● Source material
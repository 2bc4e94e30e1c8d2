-- ===== src/Service/Status.antt =====
-- internal/bt/status.go
pub mod OneFile
use bt_go.Prelude.{
  ℕ, zero, suc, ◌+◌, Bool, true, false, not, ◌&&◌, ◌||◌, Option, none, some, List, [], ◌∷◌, ◌++◌,
  Text, text_eq, find_first, any, length, ltb, Result, ok, err, not_a_directory, not_tracked, ◌==◌,
  if◌then◌else◌,
}
use bt_go.Models.{Time, equal, Directory, File, FileSnapshot}
use bt_go.Filesystem.{FileInfo, FilePath, FilesystemManager}
use bt_go.FilePaths.{rel, dir, dot}
use bt_go.Staging.Store.{StagingStore}
use bt_go.Database.Sqlite.{
  Sqlite, find_file_by_path, find_file_snapshots_for_file, find_files_by_directory,
}
use bt_go.Service.Intake.{tracking_directory}

pub record FileStatus : Type 0 where
  pub relative_path : Text
  pub is_backed_up : Bool
  pub is_staged : Bool
  pub is_modified_since : Bool

abbrev pub is_modified : FileInfo → FileSnapshot → Bool
is_modified info snapshot =
    not (info.size == snapshot.size) || not (equal info.mod_time snapshot.modified_at)

-- A current snapshot that is not found counts as modified.
abbrev pub modified_since : FileInfo → Option FileSnapshot → Bool
modified_since info none = true
modified_since info (some snapshot) = is_modified info snapshot

-- The text of a sql.NullString that is valid.
abbrev pub current_id : Option File → Option Text
current_id none = none
current_id (some file) = file.current_snapshot_id

abbrev pub or_empty : Option File → Sqlite → Result (List FileSnapshot)
or_empty none db = ok []
or_empty (some file) db = find_file_snapshots_for_file file db

module _ {S : Type 0} (store : StagingStore S) (db : Sqlite) (staging : S) where
  -- A file that was backed up, by its database row.
  unfoldable pub backed_up_status : Text → Bool → Option File → Text → FileInfo → Result FileStatus
  backed_up_status relative_path staged file current info = elim (or_empty file db) [
    | err e ↦ err e
    | ok snapshots ↦ ok (record {
      relative_path = relative_path;
      is_backed_up = true;
      is_staged = staged;
      is_modified_since = modified_since info (find_first (λ s. text_eq s.id current) snapshots);
    })
  ]

  unfoldable pub get_file_status : Directory → Text → FilePath → Result FileStatus
  unfolding backed_up_status
  get_file_status directory relative_path file_path =
      elim (store.contains directory.id relative_path staging) [
        | err e ↦ err e
        | ok staged ↦ elim (find_file_by_path directory relative_path db) [
          | err e ↦ err e
          | ok file ↦ elim (current_id file) [
            | none ↦ ok (record {
              relative_path = relative_path;
              is_backed_up = false;
              is_staged = staged;
              is_modified_since = false;
            })
            | some current ↦ backed_up_status relative_path staged file current file_path.info
          ]
        ]
      ]

  -- The loop over the files on disk: the relative paths seen, and the statuses.
  unfoldable pub disk_statuses : Directory → List FilePath → Result (List FileStatus)
  unfolding get_file_status
  disk_statuses directory [] = ok []
  disk_statuses directory (f ∷ files) =
      let rest = disk_statuses directory files in
      elim (rel directory.path f.abs_path) [
        | err e ↦ err e
        | ok relative_path ↦ elim (get_file_status directory relative_path f) [
          | err e ↦ err e
          | ok status ↦ elim rest [ err e ↦ err e | ok statuses ↦ ok (status ∷ statuses) ]
        ]
      ]

-- name[:len(prefix)] == prefix, and name is longer.
abbrev pub is_below : Text → Text → Bool
is_below [] [] = false
is_below [] (c ∷ cs) = true
is_below (p ∷ ps) [] = false
is_below (p ∷ ps) (c ∷ cs) = p == c && is_below ps cs

-- name[len(prefix):]
abbrev pub drop_prefix : Text → Text → Text
drop_prefix [] name = name
drop_prefix (p ∷ ps) [] = []
drop_prefix (p ∷ ps) (c ∷ cs) = drop_prefix ps cs

-- The filters on the subtree and on the depth.
unfoldable pub in_query : Text → Bool → Text → Bool
unfolding dir
in_query query_prefix recursive name =
    if not (text_eq query_prefix []) && not (is_below query_prefix name)
    then false
    else recursive || text_eq (dir (drop_prefix query_prefix name)) dot

abbrev pub has_current : File → Bool
has_current file = elim file.current_snapshot_id [ none ↦ false | some _ ↦ true ]

abbrev pub missing_status : File → FileStatus
missing_status file = record {
  relative_path = file.name;
  is_backed_up = true;
  is_staged = false;
  is_modified_since = true;
}

-- The loop over the database's files. `seen` holds the paths found on disk.
unfoldable pub missing_statuses : Text → Bool → List FileStatus → List File → List FileStatus
unfolding in_query
missing_statuses query_prefix recursive on_disk [] = []
missing_statuses query_prefix recursive on_disk (f ∷ files) =
    let rest = missing_statuses query_prefix recursive on_disk files in
    if not (in_query query_prefix recursive f.name)
    then rest
    else if any (λ s. text_eq s.relative_path f.name) on_disk
    then rest
    else if has_current f
    then missing_status f ∷ rest
    else rest

abbrev pub query_prefix : Directory → Text → Result Text
query_prefix directory path =
    if text_eq path directory.path
    then ok []
    else (elim (rel directory.path path) [ err e ↦ err e | ok r ↦ ok (r ++ (b'/' ∷ [])) ])

module _ {S : Type 0} (store : StagingStore S) (fsmgr : FilesystemManager) (max_size : ℕ)
    (db : Sqlite) (staging : S) where
  -- The statuses of a tracked directory.
  unfoldable pub status_in : Directory → FilePath → Bool → Result (List FileStatus)
  unfolding disk_statuses missing_statuses
  status_in directory path recursive = elim (fsmgr.find_files path recursive) [
    | err e ↦ err e
    | ok files ↦ elim (disk_statuses store db staging directory files) [
      | err e ↦ err e
      | ok on_disk ↦ elim (find_files_by_directory directory db) [
        | err e ↦ err e
        | ok db_files ↦ elim (query_prefix directory path.abs_path) [
          | err e ↦ err e
          | ok prefix ↦ ok (on_disk ++ missing_statuses prefix recursive on_disk db_files)
        ]
      ]
    ]
  ]

  unfoldable pub get_status : FilePath → Bool → Result (List FileStatus)
  unfolding status_in
  get_status path recursive = elim path.is_dir [
    | false ↦ err not_a_directory
    | true ↦ elim (tracking_directory store fsmgr max_size db path.abs_path) [
      | err e ↦ err e
      | ok none ↦ err not_tracked
      | ok (some directory) ↦ status_in directory path recursive
    ]
  ]
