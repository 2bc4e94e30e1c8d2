-- ===== src/Service/History.antt =====
-- internal/bt/log.go and internal/bt/history.go
pub mod Newest
use bt_go.Prelude.{
  ℕ, zero, suc, length, Bool, true, false, Option, none, some, List, [], ◌∷◌, ◌++◌, map, Text,
  text_eq, Result, ok, err, is_a_directory, not_in_tracked_directory, no_backup_history,
  if◌then◌else◌,
}
use bt_go.Models.{Time, Directory, File, FileSnapshot, BackupOperation}
use bt_go.Filesystem.{FilePath}
use bt_go.FilePaths.{rel}
use bt_go.Database.Sqlite.{
  Sqlite, search_directory_for_path, find_file_by_path, find_file_snapshots_for_file,
  list_backup_operations,
}

pub record FileHistoryEntry : Type 0 where
  pub content_checksum : Text
  pub backed_up_at : Time
  pub size : ℕ
  pub modified_at : Time
  pub is_current : Bool

abbrev pub is_current_id : Option Text → Text → Bool
is_current_id none id = false
is_current_id (some current) id = text_eq current id

abbrev pub entry : File → FileSnapshot → FileHistoryEntry
entry file snap = record {
  content_checksum = snap.content_id;
  backed_up_at = snap.created_at;
  size = snap.size;
  modified_at = snap.modified_at;
  is_current = is_current_id file.current_snapshot_id snap.id;
}

-- entries[i], entries[j] = entries[j], entries[i] from both ends inwards.
abbrev pub last_and_rest : {A : Type 0} → A → List A → List A × A
last_and_rest x [] = ([], x)
last_and_rest x (y ∷ ys) = let (front, last) = last_and_rest y ys in (x ∷ front, last)

-- The loop that reverses a slice, with fuel for its rounds: the ends change places, and what is
-- between them is done next.
unfoldable pub swap_ends : {A : Type 0} → ℕ → List A → List A
swap_ends zero xs = xs
swap_ends (suc n) [] = []
swap_ends (suc n) (x ∷ []) = x ∷ []
swap_ends (suc n) (x ∷ y ∷ ys) =
    let (front, last) = last_and_rest y ys in last ∷ (swap_ends n front ++ x ∷ [])

module _ (db : Sqlite) where
  unfoldable pub history_of : File → Result (List FileHistoryEntry)
  unfolding swap_ends
  history_of file = elim (find_file_snapshots_for_file file db) [
    | err e ↦ err e
    | ok snapshots ↦ ok (swap_ends (length snapshots) (map (entry file) snapshots))
  ]

  unfoldable pub history_in : Directory → Text → Result (List FileHistoryEntry)
  unfolding history_of
  history_in directory path = elim (rel directory.path path) [
    | err e ↦ err e
    | ok relative_path ↦ elim (find_file_by_path directory relative_path db) [
      | err e ↦ err e
      | ok none ↦ err no_backup_history
      | ok (some file) ↦ history_of file
    ]
  ]

  unfoldable pub get_file_history : FilePath → Result (List FileHistoryEntry)
  unfolding history_in
  get_file_history path = elim path.is_dir [
    | true ↦ err is_a_directory
    | false ↦ elim (search_directory_for_path path.abs_path db) [
      | err e ↦ err e
      | ok none ↦ err not_in_tracked_directory
      | ok (some directory) ↦ history_in directory path.abs_path
    ]
  ]

unfoldable pub get_history : ℕ → Sqlite → Result (List BackupOperation)
get_history limit db = list_backup_operations limit db
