-- ===== src/Service/Restore.antt =====
-- internal/bt/restore.go
pub mod OneFile
pub mod Writing
pub mod Roundtrip
use Prim.Native.Nat.{◌-◌}
use bt_go.Prelude.{
  ℕ, zero, suc, ◌+◌, ◌≡◌, Bool, true, false, ◌||◌, Option, none, some, List, [], ◌∷◌, ◌++◌, Text,
  Bytes, codes, text_eq, Assoc, lookup, insert, delete, length, Result, Error, ok, err, Act, lift,
  reads, pure, fail, tidy, continue, ◌>>=◌, ◌>>◌, find_first, ◌==◌, if◌then◌else◌,
  not_in_tracked_directory, no_backup_history, no_snapshot_with_checksum, no_current_snapshot,
  snapshot_not_in_database, output_exists, content_record_missing, no_passphrase,
  checksum_with_directory,
}
use bt_go.Models.{Time, Directory, File, FileSnapshot, Content}
use bt_go.FilePaths.{rel, join, dir, base, ext}
use bt_go.Database.Sqlite.{
  Sqlite, find_directory_by_path, search_directory_for_path, find_file_by_path,
  find_file_snapshot_by_checksum, find_file_snapshots_for_file, find_files_by_directory,
  find_content_by_checksum,
}
use bt_go.Vault.{Vault}
use bt_go.Encryption.{DecryptionContext}

-- A file that a restore writes. Parent directories are made as needed and are not recorded.
pub record OutFile : Type 0 where
  pub contents : Bytes
  pub permissions : ℕ
  pub accessed_at : Time
  pub modified_at : Time

abbrev pub Disk : Type 0
Disk = Assoc OutFile

-- The calls that set a file's metadata, each of which can fail, and what a file has that was just
-- created and written.
pub record FileCalls : Type 0 where
  pub chmod : Text → ℕ → Result (Unit {0})
  pub chtimes : Text → Time → Time → Result (Unit {0})
  pub created_permissions : ℕ
  pub written_at : Time

-- The paths that were written, and the error that ended the run.
pub record Restored : Type 0 where
  pub paths : List Text
  pub failure : Option Error

abbrev pub take : ℕ → Text → Text
take zero s = []
take (suc n) [] = []
take (suc n) (c ∷ cs) = c ∷ take n cs

-- {dir}/{basename}.{checksum[:12]}.btrestored
unfoldable pub build_restore_path : Text → Text → Text → Text
build_restore_path dir_path relative_path content_id =
    let full_path = join dir_path relative_path in
    let base_name = base full_path in
    let name = take (length base_name - length (ext base_name)) base_name in
    join (dir full_path)
      (name ++ ext base_name ++ (b'.' ∷ (take 12 content_id ++ codes ".btrestored")))

module _ {V : Type 0} (vault : Vault V) (db : Sqlite) (stored : V)
    (decrypt_ctx : Option DecryptionContext) where
  -- The bytes that are written to the output file. The decryptor reads from a pipe, on which an
  -- error of the vault arrives as an error of the reader.
  unfoldable pub fetch : FileSnapshot → Result Bytes
  fetch snapshot = elim (find_content_by_checksum snapshot.content_id db) [
    | err e ↦ err e
    | ok none ↦ err content_record_missing
    | ok (some content) ↦ elim content.encrypted_content_id [
      | none ↦ vault.get_content snapshot.content_id stored
      | some encrypted ↦ elim decrypt_ctx [
        | none ↦ err no_passphrase
        | some ctx ↦ ctx.decrypt (vault.get_content encrypted stored)
      ]
    ]
  ]

  -- A file with these bytes that has no metadata set yet.
  abbrev pub fresh_file : FileCalls → Bytes → OutFile
  fresh_file calls contents = record {
    contents = contents;
    permissions = calls.created_permissions;
    accessed_at = calls.written_at;
    modified_at = calls.written_at;
  }

  -- The file with its mode set.
  abbrev pub moded_file : FileCalls → FileSnapshot → Bytes → OutFile
  moded_file calls snapshot contents = record (fresh_file calls contents) {
    permissions = snapshot.permissions;
  }

  -- The permissions and then the times; an error in either leaves the file that was written.
  unfoldable pub restore_metadata : FileCalls → Text → FileSnapshot → Bytes → Act Disk Text
  restore_metadata calls out_path snapshot contents disk =
      elim (calls.chmod out_path snapshot.permissions) [
        | err e ↦ (err e, insert out_path (fresh_file calls contents) disk)
        | ok _ ↦ elim (calls.chtimes out_path snapshot.accessed_at snapshot.modified_at) [
          | err e ↦ (err e, insert out_path (moded_file calls snapshot contents) disk)
          | ok _ ↦ (
            ok out_path,
            insert out_path
                (record {
                  contents = contents;
                  permissions = snapshot.permissions;
                  accessed_at = snapshot.accessed_at;
                  modified_at = snapshot.modified_at;
                })
                disk,
          )
        ]
      ]

  -- The file is created empty first; an error up to the metadata removes it.
  unfoldable pub write_restored : FileCalls → Text → FileSnapshot → Act Disk Text
  unfolding fetch restore_metadata
  write_restored calls out_path snapshot disk = elim (fetch snapshot) [
    | err e ↦ (err e, delete out_path disk)
    | ok contents ↦ restore_metadata calls out_path snapshot contents disk
  ]

  unfoldable pub restore_one_file : FileCalls → Directory → Text → FileSnapshot → Act Disk Text
  unfolding write_restored build_restore_path
  restore_one_file calls directory relative_path snapshot disk =
      let out_path = build_restore_path directory.path relative_path snapshot.content_id in
      elim (lookup out_path disk) [
        | some _ ↦ (err output_exists, disk)
        | none ↦ write_restored calls out_path snapshot disk
      ]

  abbrev pub or_error : {A : Type 0} → Error → Option A → Result A
  or_error e none = err e
  or_error e (some a) = ok a

  unfoldable pub current_snapshot : File → Result FileSnapshot
  current_snapshot file = elim file.current_snapshot_id [
    | none ↦ err no_current_snapshot
    | some id ↦ elim (find_file_snapshots_for_file file db) [
      | err e ↦ err e
      | ok snapshots ↦
          or_error snapshot_not_in_database (find_first (λ s. text_eq s.id id) snapshots)
    ]
  ]

  -- The empty text stands for "no checksum given".
  unfoldable pub resolve_snapshot : File → Text → Result FileSnapshot
  unfolding current_snapshot
  resolve_snapshot file [] = current_snapshot file
  resolve_snapshot file (c ∷ cs) = elim (find_file_snapshot_by_checksum file (c ∷ cs) db) [
    | err e ↦ err e
    | ok found ↦ or_error no_snapshot_with_checksum found
  ]

  unfoldable pub restore_file : FileCalls → Text → Text → Act Disk Text
  unfolding resolve_snapshot restore_one_file
  restore_file calls abs_path checksum = do
    found ← lift (search_directory_for_path abs_path db)
    directory ← lift (or_error not_in_tracked_directory found)
    relative_path ← lift (rel directory.path abs_path)
    found_file ← lift (find_file_by_path directory relative_path db)
    file ← lift (or_error no_backup_history found_file)
    snapshot ← lift (resolve_snapshot file checksum)
    restore_one_file calls directory relative_path snapshot

  abbrev pub is_restorable : File → Bool
  is_restorable file = elim file.deleted [
    | true ↦ false
    | false ↦ elim file.current_snapshot_id [ none ↦ false | some _ ↦ true ]
  ]

  -- What becomes of the paths restored so far when the next file has been tried.
  abbrev pub restore_then :
      (List Text → Disk → Restored × Disk) → List Text → Result Text × Disk → Restored × Disk
  restore_then rest restored (err e, disk) = (record { paths = restored; failure = some e }, disk)
  restore_then rest restored (ok out_path, disk) = rest (restored ++ out_path ∷ []) disk

  abbrev pub restore_next : FileCalls → Directory → File → Act Disk Text
  restore_next calls directory file = do
    snapshot ← lift (resolve_snapshot file [])
    restore_one_file calls directory file.name snapshot

  -- The loop of restoreDirectory, which has restored the paths of its second argument.
  unfoldable pub restore_each :
      FileCalls → Directory → List File → List Text → Disk → Restored × Disk
  restore_each calls directory [] restored disk =
      (record { paths = restored; failure = none }, disk)
  restore_each calls directory (file ∷ files) restored disk =
      let rest = restore_each calls directory files in
      if is_restorable file
      then restore_then rest restored (restore_next calls directory file disk)
      else rest restored disk

  unfoldable pub restore_directory : FileCalls → Directory → Disk → Restored × Disk
  unfolding restore_each
  restore_directory calls directory disk = elim (find_files_by_directory directory db) [
    | err e ↦ (record { paths = []; failure = some e }, disk)
    | ok files ↦ restore_each calls directory files [] disk
  ]

  abbrev pub restored_file : Result Text × Disk → Restored × Disk
  restored_file (err e, disk) = (record { paths = []; failure = some e }, disk)
  restored_file (ok out_path, disk) = (record { paths = out_path ∷ []; failure = none }, disk)

  unfoldable pub restore : FileCalls → Text → Text → Disk → Restored × Disk
  unfolding restore_directory restore_file
  restore calls abs_path checksum disk = elim (find_directory_by_path abs_path db) [
    | err e ↦ (record { paths = []; failure = some e }, disk)
    | ok none ↦ restored_file (restore_file calls abs_path checksum disk)
    | ok (some directory) ↦
        if text_eq checksum []
        then restore_directory calls directory disk
        else (record { paths = []; failure = some checksum_with_directory }, disk)
  ]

● What you will do
Your reply should be only the count of lines in the entries above that contain the word "front".

● Reply
2